Comments (17)
Sure, I will create a PR tomorrow :)
from spiff-arena.
i guess you modified the docker compose file at spiff-arena/docker-compose.yml for postgres? here's another version that is known to work with postgres: https://github.com/sartography/arena-compose-postgres/. does it work for you? we're happy to add configuration options if they are needed, but we've seen postgres work without this option.
from spiff-arena.
I didn't notice that there was a docker compose file for postgres.
I'm indeed deploying arena in k8s, I translated the docker compose file into k8s resources (deployment, configmap, etc.), provided an entrypoint to install libpq5
on container startup (so I don't have to build a custom image and push to some registry).
Here is the entrypoint:
#!/bin/bash
set -e
apt-get update
DEBIAN_FRONTEND=noninteractive apt-get install -y --no-install-recommends libpq5
exec /app/bin/boot_server_in_docker
Here is environment variables set on spiffworkflow-backend container:
SPIFFWORKFLOW_BACKEND_ENV: production # NOT SURE what values are allowed here?
FLASK_DEBUG: "0"
FLASK_SESSION_SECRET_KEY: "[REDACTED]"
SPIFFWORKFLOW_BACKEND_URL: "[REDACTED]"
SPIFFWORKFLOW_BACKEND_BPMN_SPEC_ABSOLUTE_DIR: /app/process_models
SPIFFWORKFLOW_BACKEND_CONNECTOR_PROXY_URL: http://spiffworkflow-connector
SPIFFWORKFLOW_BACKEND_DATABASE_TYPE: postgres
SPIFFWORKFLOW_BACKEND_DATABASE_URI: postgresql://USER:PASS@HOST/DB
SPIFFWORKFLOW_BACKEND_LOAD_FIXTURE_DATA: "false"

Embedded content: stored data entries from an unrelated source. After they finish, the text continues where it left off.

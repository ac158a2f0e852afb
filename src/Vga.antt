-- ===== src/Vga.antt =====
-- The text screen of src/drivers/vga.c, which the kernel prints on before it has terminals: the VGA
-- buffer at 0xb8000, a caret, and the block that marks the caret. `block` is none where the code
-- has -1 in `block_x` and `block_y`. The caret's coordinates never become negative.
pub mod Teletype
mod Tests
use lunaria_os.Base.{
  ℕ, zero, suc, ◌+◌, ◌-◌, ◌*◌, List, [], ◌∷◌, Bool, ◌&&◌, Option, none, some, Bytes, write, ltb,
  ◌==◌, if◌then◌else◌,
}
use lunaria_os.Wm.{swap_colors}

pub record Screen : Type 0 where
  pub vga : Bytes
  pub cursor_x : ℕ
  pub cursor_y : ℕ
  pub block : Option (ℕ × ℕ)

unfoldable pub flip_cell : Bytes → ℕ → ℕ → Bytes
flip_cell vga x y = let i = y * 80 + x in write vga (i * 2 + 1) (swap_colors (vga (i * 2 + 1)))

unfoldable pub hide : Screen → Option (ℕ × ℕ) → Screen
hide s none = s
hide s (some (x, y)) = record s { vga = flip_cell s.vga x y; block = none }

unfoldable pub block_hide : Screen → Screen
block_hide s = hide s s.block

unfoldable pub block_show : Screen → Screen
block_show s = record s {
  vga = flip_cell s.vga s.cursor_x s.cursor_y;
  block = some (s.cursor_x, s.cursor_y);
}

pub cursor_up : Screen → Screen
cursor_up s = if ltb 0 s.cursor_y then record s { cursor_y = s.cursor_y - 1 } else s

pub cursor_down : Screen → Screen
cursor_down s = if ltb s.cursor_y 24 then record s { cursor_y = s.cursor_y + 1 } else s

pub cursor_left : Screen → Screen
cursor_left s = if ltb 0 s.cursor_x then record s { cursor_x = s.cursor_x - 1 } else s

pub cursor_right : Screen → Screen
cursor_right s = if ltb s.cursor_x 79 then record s { cursor_x = s.cursor_x + 1 } else s

-- the two loops of `scroll`: over the bytes of the first 24 rows, and over the cells of the last
unfoldable pub move_rows : ℕ → ℕ → Bytes → Bytes
move_rows zero i m = m
move_rows (suc n) i m = move_rows n (i + 1) (write m i (m (i + 160)))

unfoldable pub clear_cells : ℕ → ℕ → ℕ → Bytes → Bytes
clear_cells color zero i m = m
clear_cells color (suc n) i m = clear_cells color n (i + 2) (write (write m i 32) (i + 1) color)

unfoldable pub scroll : Screen → Screen
scroll s = record s { vga = clear_cells 15 80 3840 (move_rows 3840 0 s.vga); cursor_y = 24 }

abbrev pub store : Bytes → ℕ → ℕ → ℕ → Bytes
store m index c color = write (write m (index * 2) c) (index * 2 + 1) color

-- `putchar` before its test for scrolling
unfoldable pub put : Screen → ℕ → ℕ → Screen
put s c color =
    let stored = store s.vga (s.cursor_y * 80 + s.cursor_x) c color in
    if c == 10
    then record s { cursor_x = 0; cursor_y = s.cursor_y + 1 }
    else if ltb (s.cursor_x + 1) 80
    then record s { vga = stored; cursor_x = s.cursor_x + 1 }
    else record s { vga = stored; cursor_x = 0; cursor_y = s.cursor_y + 1 }

unfoldable pub putchar : Screen → ℕ → ℕ → Screen
putchar s c color = let s' = put s c color in if ltb 24 s'.cursor_y then scroll s' else s'

unfoldable pub putchar_at : Screen → ℕ → ℕ → ℕ → ℕ → Screen
putchar_at s c x y color =
    if c == 10 then s else record s { vga = store s.vga (y * 80 + x) c color }

unfoldable pub clear : Screen → ℕ → Screen
clear s color = record s { vga = clear_cells color 2000 0 s.vga; cursor_x = 0; cursor_y = 0 }

unfoldable pub print : Screen → List ℕ → ℕ → Screen
print s [] color = s
print s (c ∷ str) color =
    let rest = print (putchar s c color) str color in if c == 0 then s else rest

-- `bkspc` behind its first test: one cell back, and a blank with the cell's attribute
unfoldable pub back : Screen → Screen
back s =
    if ltb 0 s.cursor_x
    then record s { cursor_x = s.cursor_x - 1 }
    else record s { cursor_y = s.cursor_y - 1; cursor_x = 79 }

unfoldable pub bkspc : Screen → Screen
bkspc s =
    let s' = back s in
    let attr = s'.vga ((s'.cursor_y * 80 + s'.cursor_x) * 2 + 1) in
    if (s.cursor_x == 0) && (s.cursor_y == 0)
    then s
    else putchar_at s' 32 s'.cursor_x s'.cursor_y attr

SPIFFWORKFLOW_BACKEND_LOG_LEVEL: "debug"
SPIFFWORKFLOW_BACKEND_OPEN_ID_CLIENT_ID: "[REDACTED]"
SPIFFWORKFLOW_BACKEND_OPEN_ID_CLIENT_SECRET_KEY: "[REDACTED]"
SPIFFWORKFLOW_BACKEND_OPEN_ID_SERVER_URL: "[REDACTED]" # I have a local deployment of dex: https://github.com/dexidp/dex
#SPIFFWORKFLOW_BACKEND_PERMISSIONS_FILE_NAME: example.yml
SPIFFWORKFLOW_BACKEND_PERMISSIONS_FILE_ABSOLUTE_PATH: /app/permissions.yaml
SPIFFWORKFLOW_BACKEND_PORT: "8000"
SPIFFWORKFLOW_BACKEND_RUN_BACKGROUND_SCHEDULER_IN_CREATE_APP: "true"
SPIFFWORKFLOW_BACKEND_UPGRADE_DB: "true"
SPIFFWORKFLOW_BACKEND_URL_FOR_FRONTEND: "[REDACTED]"
FORWARDED_ALLOW_IPS: "*"
I have examined arena-compose-postgres, and seems there are no difference in env variable settings, except it builds an image with libpq-dev (I think libpq5 is enough, libpq-dev is for compiling softwares which depends on libpq, e.g. when installing psycopg2).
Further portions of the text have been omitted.